If you are building AI systems and you are not thinking about how to tokenize input, you are not looking at the real system the model sees.
What does tokenization actually mean in practice?
Large Language Models (LLMs) do not read text the way humans do. They do not see words, sentences, or paragraphs. The input goes through a tokenizer, which converts the text into small pieces called tokens. Now, depending on the tokenizer, a single word might become multiple tokens, or multiple characters might become one token. Some common tokenization algorithms are BPE, Wordpiece, or SentencePiece, which split text in ways that are optimized for training models and not for human readability.
For example, a word like ‘authentication’ might be split into several smaller tokens. Sometimes, even spaces, punctuation, or special Unicode characters become separate tokens.
The important security insight here is simple: The model reasons over tokens, not over the exact string that a human sees, and that gap between what the user sees and what the model processes is where attacks start to appear.
What is a tokenization attack?
A tokenization attack is when someone deliberately crafts input to manipulate how the text gets split into tokens. The goal is usually to bypass filters, break guardrails, confuse the model, or push important instructions out of context. From outside, the input might look harmless, but once it is tokenized, the model may see something very different. This is similar to classic encoding attacks in web security, where the server and the filter interpret the same input differently. In AI systems, the tokenizer becomes part of that interpretation layer. And if different parts of your system interpret input differently, attackers will find a way to exploit it.

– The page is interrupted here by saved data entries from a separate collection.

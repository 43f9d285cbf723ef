-- ===== src/Convert/Panics.antt =====
-- The messages from outside that make the converter panic.
use embd_project.Prelude.{
  ◌≡◌, ◌≢◌, ◌↔◌, Bool, true, false, none, some, arith, inl, inr, Option-cases,
}
use embd_project.Message.{MessageId}
use embd_project.Convert.{
  Bytes, PbMessage, Codec, ok, panic, Kind, unit_test_kind, ultra_sonic_kind, drive_kind, led_kind,
  lirc_kind, heartbeat_kind, internal_as, convert_to_internal_format,
}
use embd_project.Convert.RoundTrip.{Result-cases}

-- A message with no identity whose data can be read as that of a unit test.
abbrev pub is_nameless : Codec → PbMessage → Bool
is_nameless c m = elim m.id [
  | some id ↦ false
  | none ↦ elim (c.unmarshal unit_test_kind m.payload) [ ok p ↦ true | _ ↦ false ]
]

-- Protobuf answers with an error or a value.
abbrev pub Calm : Codec → Type 0
Calm c = (k : Kind) (b : Bytes) → c.unmarshal k b ≢ panic

named :
    (c : Codec) (m : PbMessage) (k : Kind) (id : MessageId)
    → Calm c
    → m.id ≡ some id
    → internal_as c k m ≢ panic
unfolding internal_as
named c m k id calm e = elim (Result-cases (c.unmarshal k m.payload)) [
  | inl (p, ep) ↦ ground arith
  | inr (inl (x, ex)) ↦ ground arith
  | inr (inr r) ↦ absurd (calm k m.payload r)
]

nameless :
    (c : Codec) (m : PbMessage)
    → Calm c
    → m.id ≡ none
    → (internal_as c unit_test_kind m ≡ panic) ↔ (is_nameless c m ≡ true)
unfolding internal_as
nameless c m calm e = elim (Result-cases (c.unmarshal unit_test_kind m.payload)) [
  | inl (p, ep) ↦ ground arith
  | inr (inl (x, ex)) ↦ ground arith
  | inr (inr r) ↦ absurd (calm unit_test_kind m.payload r)
]

-- `ConvertToInternalFormat` panics on the nameless messages and on no others.
pub convert_to_internal_format-panic_iff :
    (c : Codec) (m : PbMessage)
    → Calm c
    → (convert_to_internal_format c m ≡ panic) ↔ (is_nameless c m ≡ true)
unfolding convert_to_internal_format
convert_to_internal_format-panic_iff c m calm = elim (Option-cases m.id) [
  | inl e ↦ ground (arith, nameless c m calm e)
  | inr (id, e) ↦ ground (
    arith,
    named c m unit_test_kind id calm e,
    named c m ultra_sonic_kind id calm e,
    named c m drive_kind id calm e,
    named c m led_kind id calm e,
    named c m lirc_kind id calm e,
    named c m heartbeat_kind id calm e,
  )
]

For example, imagine a moderation system blocks the word ‘malware’. An attacker could insert invisible Unicode characters or spacing that bypasses string matching but still tokenizes to the same meaning for the model. If the moderation layer and the model tokenizer are not aligned, the guardrail can be bypassed.
Why does this matter for real AI products?
Tokenization attacks are not just theoretical. They matter in any system where user input goes directly into a model. This includes copilots, chat interfaces, RAG pipelines, code assistants, agent workflows, and internal AI tools. If the system relies on moderation, prompt rules, or structured output, tokenization behavior can affect it all.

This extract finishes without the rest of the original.